Mobile application development

Most mobile app developers are specialists because they focus on making software work across different platforms. You may not need a degree to pursue mobile app development.

Network architecture

Computer network architects are responsible for creating and maintaining entire networks—other positions in the field take on specialized roles. It's possible to pursue network architecture with a traditional computer science degree.

Operating systems

Operating systems education is a common part of cyber security coursework. There are jobs available for protecting, managing, and designing operating systems.

Software engineering

Traditional CS programs can prepare students for software engineering careers, but some schools have dedicated master's programs. Students take software engineering, data analysis, and artificial intelligence courses.

Computer science vs. cyber security: job outlook

According to the United States Bureau of Labor Statistics (BLS), the computer and information technology field is expected to grow by 11 percent from 2019 to 2029—more than triple the rate for the job market as a whole. This figure encompasses all computer science careers, including cyber security.
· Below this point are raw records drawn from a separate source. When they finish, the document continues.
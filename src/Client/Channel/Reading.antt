-- ===== src/Client/Channel/Reading.antt =====
-- The chunks that a file is read in.
use cloud_node.Base.{
  ltb, Bool-cases, length, take, drop, All, ◌==◌, ==_iff, nat_ord, Text, text_ord, pair_ord, ℕ,
  zero, suc, ◌+◌, ◌-◌, ◌≤◌, ◌<◌, ◌≡◌, refl, sym, ap, ◌∙◌, inl, inr, none, some, List, [], ◌∷◌, ◌++◌,
  append-nil, arith,
}
use cloud_node.Client.Channel.{read_chunks}
use cloud_node.Client.Incoming.Transfer.{concat, length-zero}

pub take-append-drop : (n : ℕ) (t : Text) → take n t ++ drop n t ≡ t
take-append-drop zero t = refl
take-append-drop (suc n) [] = refl
take-append-drop (suc n) (b ∷ t) = ap (λ (r : Text). b ∷ r) (take-append-drop n t)

length-take : (n : ℕ) (t : Text) → n ≤ length t → length (take n t) ≡ n
length-take zero t h = refl
length-take (suc n) [] h = absurd (omega arith)
length-take (suc n) (b ∷ t) h = omega (arith, length-take n t)

length-drop : (n : ℕ) (t : Text) → length (drop n t) ≡ length t - n
length-drop zero t = omega arith
length-drop (suc n) [] = omega arith
length-drop (suc n) (b ∷ t) = omega (arith, length-drop n t)

-- Each chunk has a byte at least and the size at most.
abbrev pub Fits : ℕ → List Text → Type 0
Fits size = All (λ chunk. (0 < length chunk) × (length chunk ≤ size))

read_chunks-fuel :
    (fuel size : ℕ) (file : Text)
    → 0 < size
    → length file < fuel
    → (chunks : List Text) × (read_chunks fuel size file ≡ some chunks)
      × (concat chunks ≡ file)
      × Fits size chunks
unfolding read_chunks
read_chunks-fuel zero size file p h = absurd (omega arith)
read_chunks-fuel (suc fuel) size file p h = elim (Bool-cases (ltb (length file) size)) [
  | inl small ↦ elim (Bool-cases (length file == 0)) [
    | inl e ↦
        let empty : length file ≡ 0 = (==_iff (length file) 0).0 e in
        ([], rw (small, e) refl, sym (length-zero file empty), tt)
    | inr e ↦ (file ∷ [], rw (small, e) refl, append-nil file, ((ground arith, ground arith), tt))
  ]
  | inr large ↦
      let enough : size ≤ length file = ground arith in
      let (chunks, e, whole, fit) =
        read_chunks-fuel fuel size (drop size file) p (omega (arith, length-drop size file)) in
      (
        take size file ∷ chunks,
        rw (large, e) refl,
        ap (λ (r : Text). take size file ++ r) whole ∙ take-append-drop size file,
        (
          (
            omega (arith, length-take size file enough),
            omega (arith, length-take size file enough),
          ),
          fit,
        ),
      )
]

-- With a size of at least one byte the loop ends, after at most one round more than the file has
-- bytes. The chunks make up the file, and none is empty or longer than the size.
pub read_chunks-ends :
    (size : ℕ) (file : Text)
    → 0 < size
    → (chunks : List Text) × (read_chunks (length file + 1) size file ≡ some chunks)
      × (concat chunks ≡ file)
      × Fits size chunks
read_chunks-ends size file p = read_chunks-fuel (length file + 1) size file p (omega arith)

-- With a size of 0 it does not end, however long it runs.
pub read_chunks-endless : (fuel : ℕ) (file : Text) → read_chunks fuel 0 file ≡ none
unfolding read_chunks
read_chunks-endless zero file = refl
read_chunks-endless (suc fuel) file = ground (arith, read_chunks-endless fuel file)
Like the others in this section, this number is a good starting point, but individual jobs still grow at different rates.

Computer science job outlook

The BLS expects computer and information research scientist employment to grow by 15 percent from 2019 to 2029.
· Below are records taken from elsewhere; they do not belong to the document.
-- ===== src/Client/Incoming/Queues.antt =====
-- The queues of incoming files between two events.
use cloud_node.Base.{
  if◌then◌else◌, Bool-cases, length, All, ◌==◌, nat_ord, Text, text_ord, pair_ord, ℕ, zero, suc,
  ◌+◌, ◌<◌, ◌≡◌, refl, sym, subst, inl, inr, Bool, true, false, not, ◌||◌, Option, none, some, List,
  [], ◌∷◌, arith,
}
use cloud_node.Base.Dict.{Dict, lookup, lookup-insert, lookup-erase}
use cloud_node.Json.{ℤ, pos, negsuc}
use cloud_node.Client.State.{Key, IncomingFile, Client, Env}
use cloud_node.Client.Incoming.{
  start_next_incoming, is_zero, put_queue, Progress, unfinished, complete, failed, exceeded,
  compared, progress, finish_front, after_write, on_queue, write_front, on_incoming_chunk,
}

-- Something is still to come.
abbrev pub Lacks : ℕ → ℤ → Type 0
Lacks n (pos m) = n < m
Lacks n (negsuc m) = n ≡ 0

abbrev pub Closed : List IncomingFile → Type 0
Closed = All (λ f. f.is_open ≡ false)

-- The first file is open and lacks something, and the others wait.
abbrev pub Running : List IncomingFile → Type 0
Running [] = ⊥
Running (f ∷ q) = (f.is_open ≡ true) × Lacks f.written f.expected_size × Closed q

-- Nothing is left, or the first file runs.
abbrev Settled : List IncomingFile → Type 0
Settled [] = Unit {0}
Settled (f ∷ q) = Running (f ∷ q)

-- Every queue that is kept has a file that runs.
abbrev pub QueuesRun : Dict Key (List IncomingFile) → Type 0
QueuesRun m = (key : Key) (q : List IncomingFile) → lookup key m ≡ some q → Running q

Lacks-zero : (n : ℤ) → is_zero n ≡ false → Lacks 0 n
Lacks-zero (pos zero) h = absurd (cc)
Lacks-zero (pos (suc n)) h = omega arith
Lacks-zero (negsuc n) h = refl

module _ (env : Env) where
  pub start_next_incoming-Settled :
      (q : List IncomingFile) (received : List Text) (disk : Dict Text Text)
      → Closed q
      → Settled (start_next_incoming env q received disk).queue
  unfolding start_next_incoming
  start_next_incoming-Settled [] received disk h = tt
  start_next_incoming-Settled (f ∷ q) received disk h =
      rw (h.0, start_next_incoming)
        (elim (Bool-cases (not (env.lockable f.destination) || not (env.openable f.destination))) [
          | inl e ↦ rw e (start_next_incoming-Settled q received disk h.1)
          | inr e ↦ elim (Bool-cases (is_zero f.expected_size)) [
            | inl z ↦ rw (e, z) (start_next_incoming-Settled q _ _ h.1)
            | inr z ↦ rw (e, z) (refl, Lacks-zero f.expected_size z, h.1)
          ]
        ])

  pub put_queue-QueuesRun :
      (key : Key) (q : List IncomingFile) (m : Dict Key (List IncomingFile))
      → Settled q
      → QueuesRun m
      → QueuesRun (put_queue env key q m)
  put_queue-QueuesRun key [] m s r j p h = r j p (ground (arith, h, lookup-erase j key m))
  put_queue-QueuesRun key (f ∷ q) m s r j p h = elim (Bool-cases (j == key)) [
    | inl e ↦
        let same : f ∷ q ≡ p = ground (arith, h, e, lookup-insert j key (f ∷ q) m) in
        subst Running same s
    | inr e ↦ r j p (ground (arith, h, e, lookup-insert j key (f ∷ q) m))
  ]

  finish_front-QueuesRun :
      (key : Key) (f : IncomingFile) (q : List IncomingFile) (c : Client)
      → Closed q
      → QueuesRun c.incoming_files
      → QueuesRun (finish_front env key f q c).incoming_files
  unfolding finish_front
  finish_front-QueuesRun key f q c h r =
      put_queue-QueuesRun key _ c.incoming_files (start_next_incoming-Settled q _ _ h) r

  compared_unfinished : (n : ℕ) (m : ℤ) → compared env n m ≡ unfinished → Lacks n m
  compared_unfinished n (pos m) h = ground arith
  compared_unfinished n (negsuc m) h = absurd (cc)

  progress_unfinished :
      (f : IncomingFile) (n : ℕ) → progress env f n ≡ unfinished → Lacks n f.expected_size
  unfolding progress
  progress_unfinished f n h = elim (Bool-cases (env.writable f.destination)) [
    | inl e ↦ compared_unfinished n f.expected_size (rw (e, progress) at h)
    | inr e ↦ absurd (ground (arith, e, h))
  ]

  after_write-QueuesRun :
      (p : Progress env) (key : Key) (f : IncomingFile) (q : List IncomingFile) (n : ℕ) (c : Client)
      → progress env f n ≡ p
      → f.is_open ≡ true
      → Closed q
      → QueuesRun c.incoming_files
      → QueuesRun (after_write env p key f q n c).incoming_files
  after_write-QueuesRun unfinished key f q n c e o h r =
      put_queue-QueuesRun key (record f { written = n } ∷ q) c.incoming_files
        (o, progress_unfinished f n e, h) r
  after_write-QueuesRun complete key f q n c e o h r = finish_front-QueuesRun key f q c h r
  after_write-QueuesRun failed key f q n c e o h r = finish_front-QueuesRun key f q c h r
  after_write-QueuesRun exceeded key f q n c e o h r = finish_front-QueuesRun key f q c h r

  write_front-QueuesRun :
      (key : Key) (f : IncomingFile) (q : List IncomingFile) (bytes : Text) (c : Client)
      → f.is_open ≡ true
      → Closed q
      → QueuesRun c.incoming_files
      → QueuesRun (write_front env key f q bytes c).incoming_files
  unfolding write_front
  write_front-QueuesRun key f q bytes c o h r =
      after_write-QueuesRun (progress env f (f.written + length bytes)) key f q
        (f.written + length bytes) _ refl o h r

  -- A chunk keeps the queues running: after it, each queue that is kept has a first file that is
  -- open and lacks something, and the files behind it are not open.
  pub on_incoming_chunk-QueuesRun :
      (key : Key) (bytes : Text) (c : Client)
      → QueuesRun c.incoming_files
      → QueuesRun (on_incoming_chunk env key bytes c).incoming_files
  unfolding on_incoming_chunk
  on_incoming_chunk-QueuesRun key bytes c r = by_queue (lookup key c.incoming_files) refl
    where
      by_queue :
          (o : Option (List IncomingFile))
          → lookup key c.incoming_files ≡ o
          → QueuesRun (on_queue env o key bytes c).incoming_files
      by_queue none e = r
      by_queue (some []) e = r
      by_queue (some (f ∷ q)) e =
          let (o, l, h) = r key (f ∷ q) e in
          subst
            (λ (b : Bool).
              QueuesRun (if b then write_front env key f q bytes c else c).incoming_files)
            (sym o) (write_front-QueuesRun key f q bytes c o h r)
Cyber security job outlook

The BLS projects information security analyst employment to grow by a staggering 31 percent from 2019 to 2029.
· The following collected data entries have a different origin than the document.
-- ===== src/Client/Offering/Outcome.antt =====
-- What an offer and the answer to it do to the queues.
use cloud_node.Base.{
  Bool-cases, Option-cases, nat_ord, Text, text_ord, pair_ord, ◌≡◌, refl, sym, subst, inl, inr,
  false, Option, none, some, List, [], ◌∷◌, ◌++◌, arith,
}
use cloud_node.Base.Dict.{lookup}
use cloud_node.Json.{Json, done, ℤ}
use cloud_node.Client.FilePath.{offered_name, destination}
use cloud_node.Client.State.{Key, IncomingFile, Client, Env}
use cloud_node.Client.Incoming.Queues.{
  Closed, QueuesRun, start_next_incoming-Settled, put_queue-QueuesRun,
}
use cloud_node.Client.Offering.{
  Offer, offer_of, on_offered, same_crc, queue_of, appended, enqueue_incoming, receive_at,
  send_file_accept, send_file_reject, on_file_offer,
}

Closed-append :
    (q : List IncomingFile) (f : IncomingFile) → Closed q → f.is_open ≡ false → Closed (q ++ f ∷ [])
Closed-append [] f h o = (o, tt)
Closed-append (g ∷ q) f h o = (h.0, Closed-append q f h.1 o)

module _ (J : Json) (env : Env) where
  -- What an answer to an offer leaves alone.
  pub record IsAnswered (c d : Client) : Type 0 where
    pub incoming_files : d.incoming_files ≡ c.incoming_files
    pub disk : d.disk ≡ c.disk

  pub send_file_accept-IsAnswered :
      (doc : J.Value) (c : Client) → IsAnswered c (send_file_accept J env doc c)
  unfolding send_file_accept
  send_file_accept-IsAnswered doc c = record { incoming_files = ground arith; disk = ground arith }

  pub send_file_reject-IsAnswered :
      (doc : J.Value) (c : Client) → IsAnswered c (send_file_reject J env doc c)
  unfolding send_file_reject
  send_file_reject-IsAnswered doc c = record { incoming_files = ground arith; disk = ground arith }

  appended-QueuesRun :
      (key : Key) (f : IncomingFile) (o : Option (List IncomingFile)) (c : Client)
      → lookup key c.incoming_files ≡ o
      → f.is_open ≡ false
      → QueuesRun c.incoming_files
      → QueuesRun (appended J env key f (queue_of J env o) c).incoming_files
  appended-QueuesRun key f none c e o r =
      put_queue-QueuesRun env key _ c.incoming_files
        (start_next_incoming-Settled env (f ∷ []) c.received_paths c.disk (o, tt)) r
  appended-QueuesRun key f (some []) c e o r = absurd (r key [] e)
  appended-QueuesRun key f (some (g ∷ q)) c e o r =
      let (a, b, h) = r key (g ∷ q) e in
      put_queue-QueuesRun env key ((g ∷ q) ++ f ∷ []) c.incoming_files (a, b, Closed-append q f h o)
        r

  enqueue_incoming-QueuesRun :
      (key : Key) (path : Text) (size : ℤ) (c : Client)
      → QueuesRun c.incoming_files
      → QueuesRun (enqueue_incoming J env key path size c).incoming_files
  unfolding enqueue_incoming
  enqueue_incoming-QueuesRun key path size c r =
      appended-QueuesRun key _ (lookup key c.incoming_files) c refl refl r

  receive_at-QueuesRun :
      (doc : J.Value) (offer : Offer) (path : Text) (c : Client)
      → QueuesRun c.incoming_files
      → QueuesRun (receive_at J env doc offer path c).incoming_files
  unfolding receive_at
  receive_at-QueuesRun doc offer path c r = elim (Bool-cases (env.prepares path)) [
    | inl e ↦ elim (Bool-cases (same_crc J env offer.crc (env.crc path))) [
      | inl s ↦
          rw (e, s) (subst QueuesRun (sym (send_file_reject-IsAnswered doc c).incoming_files) r)
      | inr s ↦
          let next = enqueue_incoming J env (offer.peer, offer.room) path offer.size c in
          rw (e, s)
            (subst QueuesRun (sym (send_file_accept-IsAnswered doc next).incoming_files)
              (enqueue_incoming-QueuesRun (offer.peer, offer.room) path offer.size c r))
    ]
    | inr e ↦ rw e r
  ]

  -- An offer keeps the queues running: it ends in a client each of whose queues has a first file
  -- that is open and lacks something, with the files behind it not open.
  pub on_file_offer-QueuesRun :
      (doc : J.Value) (c : Client)
      → QueuesRun c.incoming_files
      → (d : Client) × (on_file_offer J env doc c ≡ done d) × QueuesRun d.incoming_files
  unfolding on_file_offer
  on_file_offer-QueuesRun doc c r = (_, refl, by_offer (offer_of J env doc))
    where
      by_offer : (o : Option Offer) → QueuesRun (on_offered J env doc o c).incoming_files
      by_offer none = r
      by_offer (some offer) = elim (Option-cases (offered_name offer.name)) [
        | inl e ↦ rw e r
        | inr (names, e) ↦
            rw e (receive_at-QueuesRun doc offer (destination env.directory names) c r)
      ]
Computer science vs. cyber security: career paths and earning potential

Examining job outlook numbers is an excellent way to identify trends, but looking at career paths provides a more detailed picture. These are some top jobs you can get with a master's degree.

PayScale says the average salary for someone with a master's in computer science is $102,637. The best jobs pay considerably more. Likewise, the average salary for someone with a master's in cyber security is nearly $87,000—and, again, top positions pay more.

Career paths

Career paths aren't rigid in computer science. Just because a degree is popular, it's not the only relevant one. A strong business background may be enough for specific computer science jobs—others may not require a graduate degree at all.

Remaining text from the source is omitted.